Variables	n	Overall	TE ≥ 9.3 kPa	TE < 9.3 kPa	P-value
Total participants	537		119 (22.2)	418 (77.8)
Demographic
Age, median (IQR)	537	46 (40, 53)	48 (41, 56)	46 (40, 52)	.02*
Male versus female (n, %)	537	184 (34.3)	54 (45.4)	130 (31.1)	.005*
BMI (kg/m²), median (IQR)	532	25.1 (22.1, 29)	24.7 (21.9, 28.8)	25.3 (22.1, 29)	.28
Clinical
Herb consumption, yes vs no (n, %)	533	99 (18.6)	35 (29.7)	64 (15.4)	<.001*
Alcohol consumption, yes vs no (n, %)	536	87 (16.2)	30 (25.2)	57 (13.7)	.004*
Current tobacco use, yes vs no (n, %)	534	20 (3.7)	5 (4.2)	15 (3.6)	.96
Family history HCC, yes vs no (n, %)	503	8 (1.6)	3 (2.8)	5 (1.3)	.5
Diabetes (self-report), yes vs no (n, %)	530	19 (3.6)	11 (9.3)	8 (1.9)	<.001*
Duration of ART (years), median (IQR)	490	10.8 (5.6, 13.5)	9.8 (2.6, 13.7)	10.9 (6.6, 13.5)	.25
Laboratory
HBsAg positive (n, %)	507	57 (11.2)	16 (15.5)	41 (10.1)	.17
HBV viral load, median (IQR)	48	0 (0, 10)	0 (0, 11.5)	0 (0, 10)	.86
Anti-HCV positive (n, %)	502	59 (11.8)	26 (26)	33 (8.2)	<.001*
Anti-HCV+/RNA > 10 IU/mL (n, %)	489	28 (5.7)	15 (16.1)	13 (3.3)	<.001*
HIV viral load, median (IQR)	425	20 (20, 40)	20 (10, 40)	20 (20, 40)	.62
Platelet, median (IQR)	402	233 (190, 287)	232 (167, 292)	234 (194, 284)	.2
Alanine transaminase, median (IQR)	491	17 (10, 27)	25 (13, 43)	15 (9, 23)	<.001*
Aspartate transaminase, median (IQR)	493	31 (24, 43)	44 (31, 75)	29 (23, 39)	<.001*

Viral load, alanine transaminase, and aspartate transaminase reported in IU/mL, platelet count reported in *1000/µL.

*Significant variables.

Abbreviations: ART, antiretroviral therapy; BMI, body mass index; HBsAg, hepatitis B surface antigen; HBV, hepatitis B virus; HCC, hepatocellular carcinoma; HCV, hepatitis C virus; IQR, interquartile range; n, number of records available for that variable; TE, transient elastography.

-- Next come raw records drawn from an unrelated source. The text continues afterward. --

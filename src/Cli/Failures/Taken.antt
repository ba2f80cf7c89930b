-- ===== src/Cli/Failures/Taken.antt =====
-- The filter file of a recipe, as `write_fix` of crates/kiry/src/main.rs writes it and as `filters` reads
-- it.
use kiry.Base.{
  ℕ, ◌+◌, ◌≡◌, refl, ◌∙◌, ap, inl, inr, List, [], ◌∷◌, ◌++◌, Bool, true, false, some, nat_eq,
  list_eq, contains, is_empty, Result, ok, err, >>=-eq-ok, ok-injective, arith, Bool-cases,
}
use kiry.Base.Text.{Str, codes, hash_sign, lines, strip_cr, trim, cut_from}
use kiry.Base.Text.Split.{cut_from-none}
use kiry.Error.{IoError, not_found, other}
use kiry.Disk.{Disk, path_join, read_to_string}
use kiry.Cli.Failures.{Fix, phase}
use kiry.Cli.Failures.Notes.{read_or_default, has_line, noted_new, noted}
use kiry.Cli.Failures.Once.{IsSetting, noted_new-body}
use kiry.Cli.Flags
use kiry.Cli.Flags.{Setting, FlagError, key_value, uncommented, row, rows, rows_of, verbs, filters}
use kiry.Cli.Failures.Written.{IsWhole, IsPlain, first, second, body-lines}

-- A comment is no row.
comment-empty : (s : Str) → uncommented (strip_cr (hash_sign ∷ s)) ≡ []
unfolding uncommented strip_cr cut_from trim
comment-empty [] = refl
comment-empty (c ∷ s) = refl

-- The phase that a log names is one word.
module _ (known : Str → Bool) (refuse : ℕ → Str → FlagError) (from : Str) where
  row-known :
      (n m : ℕ) (kv : Str × Str) {s : Setting}
      → row known refuse from n kv ≡ ok s
      → row known refuse from m kv ≡ ok s
  unfolding row
  row-known n m (k, v) h = elim (Bool-cases (known k)) [
    | inl e ↦ rw (e, row) (rw (e, row) at h)
    | inr e ↦ absurd (cc (rw (e, row) at h))
  ]

  row-ok :
      (n : ℕ) (kv : Str × Str)
      → known kv.0 ≡ true
      → row known refuse from n kv ≡ ok (record { from = from; key = kv.0; value = trim kv.1 })
  unfolding row
  row-ok n kv h = rw (h, row) refl

  -- Rows that are read are read behind others too.
  rows-append :
      (n m : ℕ) (a b : List Str) {x y : List Setting}
      → rows known refuse from n a ≡ ok x
      → ((k : ℕ) → rows known refuse from k b ≡ ok y)
      → rows known refuse from m (a ++ b) ≡ ok (x ++ y)
  unfolding rows
  rows-append n m [] b {x} {y} h k = k m ∙ ap (λ (z : List Setting). ok (z ++ y)) (ok-injective h)
  rows-append n m (l ∷ a) b {x} {y} h k = elim (Bool-cases (is_empty (uncommented l))) [
    | inl e ↦ rw (e, rows) (rows-append (n + 1) (m + 1) a b (rw (e, rows) at h) k)
    | inr e ↦
        let (s, h0, h1) =
          >>=-eq-ok (row known refuse from n (key_value (uncommented l))) _ (rw (e, rows) at h) in
        let (more, h2, h3) = >>=-eq-ok (rows known refuse from (n + 1) a) _ h1 in
        rw
          (
            e,
            rows,
            row-known n m (key_value (uncommented l)) h0,
            rows-append (n + 1) (m + 1) a b h2 k,
          )
          (ap (λ (z : List Setting). ok (z ++ y)) (ok-injective h3))
  ]

-- What a row of a filter file says.
abbrev pub setting_of : Str → Str → Setting
setting_of at line = record { from = at; key = (key_value line).0; value = trim (key_value line).1 }

abbrev pub filter_path : Str → Str
filter_path dir = path_join dir (codes "filter")

uncommented-bare : (line : Str) → IsSetting line → uncommented line ≡ line
unfolding uncommented
uncommented-bare line is = rw (cut_from-none hash_sign line [] is.plain) is.tight

-- The line of a fix is one row.
row-line :
    (at line : Str) (refuse : ℕ → Str → FlagError) (n : ℕ)
    → IsSetting line
    → contains verbs (key_value line).0 ≡ true
    → rows (contains verbs) refuse at n (line ∷ []) ≡ ok (setting_of at line ∷ [])
unfolding rows row
row-line at [] refuse n is verb = absurd (cc verb)
row-line at (c ∷ line) refuse n is verb =
    let bare = uncommented-bare (c ∷ line) is in
    let full : is_empty (uncommented (c ∷ line)) ≡ false = ap is_empty bare in
    let read : row (contains verbs) refuse at n (key_value (uncommented (c ∷ line)))
        ≡ ok (setting_of at (c ∷ line)) =
      ap (λ l. row (contains verbs) refuse at n (key_value l)) bare
      ∙ row-ok (contains verbs) refuse at n (key_value (c ∷ line)) verb in
    rw (full, rows, read) refl

-- The rows of a file that is not there are those of an empty one.
filters-rows :
    (at : Str) (refuse : ℕ → Str → FlagError) (r : Result IoError Str) {old : List Setting}
    → rows_of (contains verbs) refuse at at r ≡ ok old
    → rows (contains verbs) refuse at 1 (lines (elim r [ ok t ↦ t | err e ↦ [] ])) ≡ ok old
unfolding rows_of rows lines
filters-rows at refuse (ok t) h = h
filters-rows at refuse (err not_found) h = h
filters-rows at refuse (err (other n)) h = absurd (cc h)

comment-rows :
    (at line a b : Str) (refuse : ℕ → Str → FlagError) (n : ℕ)
    → IsSetting line
    → contains verbs (key_value line).0 ≡ true
    → rows
        (contains verbs)
        refuse
        at
        n
        (strip_cr (hash_sign ∷ a) ∷ strip_cr (hash_sign ∷ b) ∷ line ∷ [])
      ≡ ok (setting_of at line ∷ [])
unfolding rows
comment-rows at line a b refuse n is verb =
    let ea : is_empty (uncommented (strip_cr (hash_sign ∷ a))) ≡ true =
      ap is_empty (comment-empty a) in
    let eb : is_empty (uncommented (strip_cr (hash_sign ∷ b))) ≡ true =
      ap is_empty (comment-empty b) in
    rw (ea, rows, eb) (row-line at line refuse (n + 1 + 1) is verb)

-- A fix whose line starts with a verb, noted in the filter file of a recipe, is what `filters` reads
-- there behind what it read before, if the file was empty or ended in a newline, the line holds no
-- comment and no newline and has no space at its ends, and the day, the rule and the line of the log
-- hold no newline.
pub filters-noted :
    (d after : Disk) (day log : Str) (f : Fix) (dir line said : Str) {old : List Setting}
    → IsSetting line
    → contains verbs (key_value line).0 ≡ true
    → IsPlain day f
    → IsWhole (read_or_default d (filter_path dir))
    → filters d dir ≡ ok old
    → noted d day log f (filter_path dir) line ≡ ok (some said, after)
    → filters after dir ≡ ok (old ++ setting_of (filter_path dir) line ∷ [])
unfolding filters noted read_or_default rows_of
filters-noted d after day log f dir line said {old} is verb plain whole before h =
    elim (Bool-cases (has_line (read_or_default d at) line)) [
      | inl e ↦ absurd (ground (arith, e, h))
      | inr e ↦
          let new : noted_new d day log f at line ≡ ok (some said, after) = ground (arith, e, h) in
          ap (rows_of (contains verbs) refuse at at)
            (noted_new-body d after day log f at line said new)
          ∙ ap (rows (contains verbs) refuse at 1)
              (body-lines (read_or_default d at) day log f line whole plain is)
          ∙ rows-append (contains verbs) refuse at 1 1 (lines (read_or_default d at))
              (strip_cr (first day (phase log) f) ∷ strip_cr (second f) ∷ line ∷ [])
              (filters-rows at refuse (read_to_string d at) before)
              (λ n.
                comment-rows at line
                  (b' ' ∷ (day ++ (codes " " ++ (phase log ++ (codes " failed, " ++ f.rule)))))
                  (codes "   " ++ f.line) refuse n is verb)
    ]
  where
    at : Str
    at = filter_path dir

    refuse : ℕ → Str → FlagError
    refuse = Flags.not_a_verb at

Factors associated with significant liver fibrosis/cirrhosis (TE ≥ 9.3 kPa). In multivariable analyses, factors independently associated with significant liver fibrosis/cirrhosis were male sex, diabetes, ART use, HBsAg seropositivity, and viremic HCV infection after adjusting for known risk factors for significant liver fibrosis/cirrhosis. ART use for more than 5 years reduced the odds of significant liver fibrosis/cirrhosis by 50%. HBsAg seropositivity and viremic HCV infection increased the odds by greater than 2 and 7 times, respectively. Age, BMI, and consumption of herbs or alcohol were not associated with significant liver fibrosis/cirrhosis after adjusting for other risk factors (Table 2). Using the lower TE cutoff value of ≥7.6 kPa obtained from a prior validation study,²⁷ only HBV and HCV were associated with liver fibrosis/cirrhosis, while ART use for more than 5 years reduced the risk of liver fibrosis/cirrhosis by 40%.

Table 2.

Factors Associated With Significant Liver Fibrosis/Cirrhosis.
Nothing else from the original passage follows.